Ich habe soeben SUSE 9.0 installiert, lief eigentlich alles problemlos. Jedoch habe ich folgendes Problem. 

- Rechner ein
- Bereits beim Anmelden ist der Mauszeiger verschuden. Einloggen als root oder user. Maus ist immer noch weg, funktioniert aber anscheinend. 
- Nach dem Userwechsel egal wohin ist die Maus wieder da und alles funktioniert einwandfrei. 

Hat jemand eine Ide wie man das abstellen kann ? 

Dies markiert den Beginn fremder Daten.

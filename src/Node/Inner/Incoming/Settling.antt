-- ===== src/Node/Inner/Incoming/Settling.antt =====
-- node/node_internal/src/node.rs: a peer's request for a transaction, from the wire to the point where
-- it is answered and applied.
use stargate.Common.{ℕ, ◌≡◌, ◌⊎◌, inl, inr, refl, ◌∙◌, ap, true, none, some}
use stargate.Common.Outcome.{Outcome, ok, ok_or}
use stargate.Common.Handler.{◌>>◌, pure, run-bind, run-lift, run-gets}
use stargate.Libra.{Bytes}
use stargate.Messages.{channel_transaction_request, channel_transaction_response}
use stargate.Proposal.Requests.{
  ChannelTransactionRequest, ChannelTransactionResponse, channel_txn, request_id,
}
use stargate.Wallet.{Wallet}
use stargate.Wallet.Handle
use stargate.Wallet.Handle.{verify_txn, approve_txn}
use stargate.Wallet.Htlc.{is_htlc_transfer, is_htlc_receive}
use stargate.Node.Wire.{add_message_type, parses_type, keeps_payload}
use stargate.Node.Inner.{
  NodeWorld, NodeInner, NodeHandler, NodeError, NetworkMessage, bad_bytes, unwrap, or_panic,
}
use stargate.Node.Inner.Sending.{send-runs, on_wallet-runs, attempted, with_message}
use stargate.Node.Inner.Incoming.{
  told, apply_txn, approved, verified, on_transfer, on_receive, answered,
  handle_channel_transaction_request, handle_receiver_channel, dispatch, handle_network_msg,
}

module _ (nw : NodeWorld) where
  -- a request for a transaction, as it comes from a peer
  abbrev pub requested : ℕ → Bytes → NetworkMessage
  requested peer_id data_bytes = record {
    peer_id = peer_id;
    bytes = add_message_type data_bytes channel_transaction_request;
  }

  -- what the node reads from the wire reaches the handler of requests
  pub hears :
      (peer_id : ℕ) (data_bytes : Bytes) (request : ChannelTransactionRequest) (s t : NodeInner)
      → nw.request.from_proto_bytes data_bytes ≡ some request
      → handle_channel_transaction_request nw peer_id request s ≡ (ok tt, t)
      → handle_network_msg nw (requested peer_id data_bytes) s ≡ (ok tt, t)
  unfolding handle_network_msg dispatch unwrap handle_receiver_channel
  hears peer_id data_bytes request s t read handled =
      run-lift _ _ s (parses_type data_bytes channel_transaction_request)
      ∙ run-lift _ _ s (keeps_payload data_bytes channel_transaction_request)
      ∙ ap (λ (q : Outcome NodeError (Unit {0}) × NodeInner). (or_panic q.0, q.1))
          (run-lift _ _ s (ap (ok_or bad_bytes) read) ∙ handled)

  module _ (reads : nw.network_reads ≡ true) (peer_id : ℕ) (request : ChannelTransactionRequest)
      (resp : ChannelTransactionResponse) (s : NodeInner) (u v x : Wallet) (gas : ℕ)
      (agreed : (verify_txn nw.ww peer_id request s.wallet ≡ (ok (some resp), v))
        ⊎ ((s.auto_approve ≡ true)
            × (verify_txn nw.ww peer_id request s.wallet ≡ (ok none, u))
            × (approve_txn nw.ww peer_id (request_id nw.ww.world.x.txn_hash request) u
                ≡ (ok resp, v))))
      (applied : Handle.apply_txn nw.ww peer_id v ≡ (ok gas, x)) where
    -- the node after it has answered and applied the request
    abbrev settled : NodeInner
    settled =
        with_message peer_id
          (add_message_type (nw.response.into_proto_bytes resp) channel_transaction_response)
          (record s { wallet = x })

    applies :
        apply_txn nw peer_id
          (request_id nw.ww.world.x.txn_hash request)
          resp
          (record s { wallet = v })
        ≡ (ok tt, settled)
    unfolding apply_txn unwrap told pure
    applies =
        run-bind _ _ _ (
          ap (λ (q : Outcome NodeError (Unit {0}) × NodeInner). (or_panic q.0, q.1))
            (send-runs nw peer_id _ (record s { wallet = v }) reads))
        ∙ run-bind _ _ _ (attempted _ _ (on_wallet-runs (Handle.apply_txn nw.ww peer_id) _ applied))

    -- what is left to do then
    abbrev rest : NodeHandler (Unit {0})
    rest =
        on_transfer nw peer_id (channel_txn request).args
          (is_htlc_transfer (channel_txn request).operator)
        >> on_receive nw (channel_txn request).args (is_htlc_receive (channel_txn request).operator)

    -- A request that the wallet agrees to, at once or approved by a node that approves by itself, and that
    -- it applies: the node answers it, and then looks whether it is a payment or the receipt of one.
    pub settles : handle_channel_transaction_request nw peer_id request s ≡ rest settled
    unfolding handle_channel_transaction_request verified approved answered pure unwrap
    settles = elim agreed [
      | inl e ↦
          run-bind _ _ s (attempted _ s (on_wallet-runs (verify_txn nw.ww peer_id request) s e))
          ∙ run-bind _ _ _ refl
          ∙ run-bind _ _ _ applies
      | inr (auto, e, f) ↦
          run-bind _ _ s (attempted _ s (on_wallet-runs (verify_txn nw.ww peer_id request) s e))
          ∙ run-bind _ _ _ (
              run-gets _ _ _ auto
              ∙ run-bind _ _ _ (
                  ap
                    (λ (q : Outcome NodeError ChannelTransactionResponse × NodeInner).
                      (or_panic q.0, q.1))
                    (on_wallet-runs
                      (approve_txn nw.ww peer_id (request_id nw.ww.world.x.txn_hash request))
                      (record s { wallet = u }) f)))
          ∙ run-bind _ _ _ applies
    ]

habe keine Lust immer 2 mal einzuloggen.

Grüße

Hotte


----------



## JohannesR (23. November 2003)

Was für eine Maus hast du, und woran läuft sie? USB oder PS/2? Com-Port? 
Was steht in der /etc/X11/XF86Config-4 in der Sektion "InputDevice"?


----------



## hhotte (24. November 2003)

Section "InputDevice"
  Driver       "mouse"
  Identifier   "Mouse[1]"
  Option       "ButtonNumber" "5"
  Option       "Buttons" "5"
  Option       "Device" "/dev/mouse"
  Option       "Name" "Autodetection"
  Option       "Protocol" "imps/2"
  Option       "Vendor" "Sysp"
  Option       "ZAxisMapping" "4 5"
EndSection

PS2 Mouse  Radmaus Fujitsu M-S48


----------



## Christian Fein (24. November 2003)

Schalte den GPM aus.
Das ist die Mouse auf der Konsole, die "beisst" sich manchmal mit der mouse in 
XFree86


----------



## hhotte (24. November 2003)

*GPM aus*

Hallo,

danke für den Tip! Bitte sag mir wie man den GPM ausschaltet. 

Danke


----------



## JohannesR (24. November 2003)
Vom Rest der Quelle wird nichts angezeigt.